We move on to prime number 7.

• When we divide 7 by 7, we get:

7 ÷ 7 = 1

• As a result, we are unable to proceed with the division. So, 84 is a prime factorization of 2 × 2 × 3 × 7 or 22 × 3 × 7, where 2, 3, and 7 are prime numbers.

## Solved Examples

### Q.1: If Ali has 84 candies and has to distribute those to 7 members of the house, including her, how many candies each member gets?

Solution:

Number of candies, Ali has = 84

Members in the house including Ali = 7

Therefore, each member will get = 84/7 = 12candies.

### Q.2: What are the factors of 84 and 114?

Factors of 84 = 1, 2, 3, 4, 6, 7, 12, 14, 21, 28, 42, 84.

Factors of 114 = 1, 2, 3, 6, 19, 38, 57, 114.

The common factors of 84 and 114 are 1,2,3, and 6.

## FAQs

### What are the factors of 84?

Factors of 84 = 1, 2, 3, 4, 6, 7, 12, 14, 21, 28, 42 and 84.

### Factors and Multiples of 84 are the same. True or False?
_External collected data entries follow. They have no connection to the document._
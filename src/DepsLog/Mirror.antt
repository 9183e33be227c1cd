-- ===== src/DepsLog/Mirror.antt =====
-- The writer's state and its file agree: reading the file gives the state back. Each step of `Record`
-- keeps that.
use siso.Common.{
  ℕ, ◌+◌, ◌*◌, ◌^◌, ◌≤◌, ◌<◌, ◌≡◌, refl, sym, ap, ◌∙◌, true, List, [], ◌∷◌, ◌++◌, append_assoc,
  some, Bytes, bytes_eq, bytes_eq_iff, ◌==◌, if◌then◌else◌, Bool-cases, inl, inr, length, get_elem?,
  take_all, get_elem?-append_left, get_elem?-append_right, get_elem?-lt, min, arith,
}
use mathlib.Core.Path.{ap₂}
use siso.Common.Words.{sign_bit, put_word}
use siso.DepsLog.State.{DepsRecord, DepsLog, PathIdx, empty_log, lookup}
use siso.DepsLog.Reader.{
  ReadState, next, start, add_path, new_file, max_record_size, read_step, count_update, resolve,
}
use siso.DepsLog.Writer.{Os, ok, path_record, deps_record, write}
use siso.DepsLog.Codec.{IsStorable}
use siso.DepsLog.Rounds.{read_step-path_at, read_step-deps_record}
use siso.DepsLog.Update.{Updated, update_lem, put_dep, grown_cap}
use siso.DepsLog.Reads.{Reads, Reads-nil, Reads-step, Reads-append}

-- What the path index says is what the list of paths says.
abbrev pub IsSound : PathIdx → List Bytes → Type 0
IsSound idx paths = (p : Bytes) (i : ℕ) → lookup p idx ≡ some i → get_elem? paths i ≡ some p

pub record IsMirrored (d : DepsLog) : Type 0 where
  pub body : Bytes
  pub file_is : d.file ≡ new_file ++ body
  pub st : ReadState
  pub reads : Reads body start st
  pub paths_are : st.log.paths ≡ d.paths
  pub idx_are : st.log.path_idx ≡ d.path_idx
  pub deps_are : st.log.deps ≡ d.deps
  pub cap_are : st.log.deps_cap ≡ d.deps_cap
  pub sound : IsSound d.path_idx d.paths

pub IsMirrored-empty : IsMirrored (empty_log new_file)
unfolding put_word lookup
IsMirrored-empty = record {
  body = [];
  file_is = refl;
  st = start;
  reads = Reads-nil start;
  paths_are = refl;
  idx_are = refl;
  deps_are = refl;
  cap_are = refl;
  sound = λ p i h. cc;
}

-- An operating system that writes every chunk whole.
abbrev pub WritesWhole : Os → Type 0
WritesWhole os = (file chunk : Bytes) → length chunk ≤ os.written file chunk

pub write_whole :
    (os : Os)
    → WritesWhole os
    → (chunk : Bytes) (d : DepsLog)
    → write os chunk d ≡ (ok tt, record d { file = d.file ++ chunk })
write_whole os whole chunk d =
    let e : min (os.written d.file chunk) (length chunk) ≡ length chunk =
      omega (arith, whole d.file chunk) in
    let same : (length chunk == length chunk) ≡ true = ground arith in
    unfold write in rw (write, e, take_all (length chunk) chunk (omega arith), same) refl

IsSound-add :
    (p : Bytes) (idx : PathIdx) (paths : List Bytes)
    → IsSound idx paths
    → IsSound ((p, length paths) ∷ idx) (paths ++ p ∷ [])
unfolding lookup
IsSound-add p idx paths sound q i h = elim (Bool-cases (bytes_eq p q)) [
  | inl same ↦
      let n : some (length paths) ≡ some i = rw same at h in
      let e : p ≡ q = (bytes_eq_iff p q).0 same in
      let last : length paths ≡ i = cc n in
      rw (← e) (get_elem?-append_right paths (p ∷ []) i 0 (omega arith))
  | inr other ↦
      let old = sound q i (rw other at h) in
      get_elem?-append_left paths (p ∷ []) i (get_elem?-lt paths i q old) ∙ old
]

length-path_record : (i : ℕ) (p : Bytes) → 0 < length (path_record i p)
unfolding path_record put_word
length-path_record i p = omega arith

length-deps_record : (i mtime : ℕ) (ids : List ℕ) → 0 < length (deps_record i mtime ids)
unfolding deps_record put_word
length-deps_record i mtime ids = omega arith

-- `d` with one more path, in memory and in the file.
abbrev pub with_path : Bytes → DepsLog → DepsLog
with_path p d = record d {
  paths = d.paths ++ p ∷ [];
  path_idx = (p, length d.paths) ∷ d.path_idx;
  file = d.file ++ path_record (length d.paths) p;
}

pub IsMirrored-with_path :
    (p : Bytes) (d : DepsLog)
    → IsStorable p
    → length d.paths < sign_bit
    → IsMirrored d
    → IsMirrored (with_path p d)
unfolding add_path
IsMirrored-with_path p d s lt m =
    let rec = path_record (length d.paths) p in
    let st' = record m.st { log = add_path p m.st.log } in
    let round : (rest : Bytes) → read_step (rec ++ rest) m.st ≡ next rest st' =
      λ rest. read_step-path_at (length d.paths) p rest m.st (ap length m.paths_are) s lt in
    record {
      body = m.body ++ rec;
      file_is = ap (λ t. t ++ rec) m.file_is ∙ append_assoc new_file m.body rec;
      st = st';
      reads =
          Reads-append m.body rec start m.st st' m.reads
            (Reads-step rec m.st st' (length-path_record (length d.paths) p) round);
      paths_are = ap (λ t. t ++ p ∷ []) m.paths_are;
      idx_are = ap₂ (λ n t. (p, n) ∷ t) (ap length m.paths_are) m.idx_are;
      deps_are = m.deps_are;
      cap_are = m.cap_are;
      sound = IsSound-add p d.path_idx d.paths m.sound;
    }

-- `d` with the new record of output `i`, in memory and in the file.
abbrev pub with_deps :
    (i mtime : ℕ) → List ℕ → (rec : DepsRecord) (d : DepsLog) → Updated i rec d → DepsLog
with_deps i mtime ids rec d u = record u.after { file = u.after.file ++ deps_record i mtime ids }

pub IsMirrored-with_deps :
    (i mtime : ℕ) (ids : List ℕ) (deps : List Bytes) (d : DepsLog)
    (u : Updated i (record { mtime = mtime; inputs = deps }) d)
    → i + 100 < sign_bit
    → mtime < 2 ^ 64
    → 12 + 4 * length ids ≤ max_record_size
    → resolve ids d.paths ≡ some deps
    → IsMirrored d
    → IsMirrored (with_deps i mtime ids (record { mtime = mtime; inputs = deps }) d u)
IsMirrored-with_deps i mtime ids deps d u lt fits small h m =
    let chunk = deps_record i mtime ids in
    let rec : DepsRecord = record { mtime = mtime; inputs = deps } in
    let v = update_lem i rec m.st.log lt in
    let st' : ReadState = record {
      log = v.after;
      total = m.st.total + 1;
      unique = if v.existed then m.st.unique else m.st.unique + 1;
    } in
    let resolved : resolve ids m.st.log.paths ≡ some deps =
      ap (λ t. resolve ids t) m.paths_are ∙ h in
    let round : (rest : Bytes) → read_step (chunk ++ rest) m.st ≡ next rest st' = λ rest.
      read_step-deps_record i mtime ids deps rest m.st (omega arith) fits small resolved
      ∙ ap (count_update rest m.st) v.runs
      ∙ unfold count_update in refl in
    record {
      body = m.body ++ chunk;
      file_is = ap (λ t. t ++ chunk) (u.file_same ∙ m.file_is) ∙ append_assoc new_file m.body chunk;
      st = st';
      reads =
          Reads-append m.body chunk start m.st st' m.reads
            (Reads-step chunk m.st st' (length-deps_record i mtime ids) round);
      paths_are = v.paths_same ∙ m.paths_are ∙ sym u.paths_same;
      idx_are = v.idx_same ∙ m.idx_are ∙ sym u.idx_same;
      deps_are = v.deps_are ∙ ap (put_dep i rec) m.deps_are ∙ sym u.deps_are;
      cap_are =
          v.cap_is ∙ ap₂ (λ a b. grown_cap i a b) m.cap_are (ap length m.deps_are) ∙ sym u.cap_is;
      sound = λ p j l.
          ap (λ t. get_elem? t j) u.paths_same ∙ m.sound p j (ap (lookup p) (sym u.idx_same) ∙ l);
    }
False. The factors and multiples of 84 are not the same.

### What are the multiples of 84 in Maths?

The multiples of 84 = 84 168 252 336 420 504 588 672 756 and 840.

### What are the common factors of 98 and 84?

Factors of 84 = 1, 2, 3, 4, 6, 7, 12, 14, 21, 28, 42, 84.
Factors of 98 = 1, 2, 7, 14, 49, 98.
The common factors of 98 and 84 are 1, 2, 7, and 14.

### What is the greatest prime factor of 84?

84 has a prime factorization of 2 × 2 × 3 × 7. Thus, the largest prime factor is 7.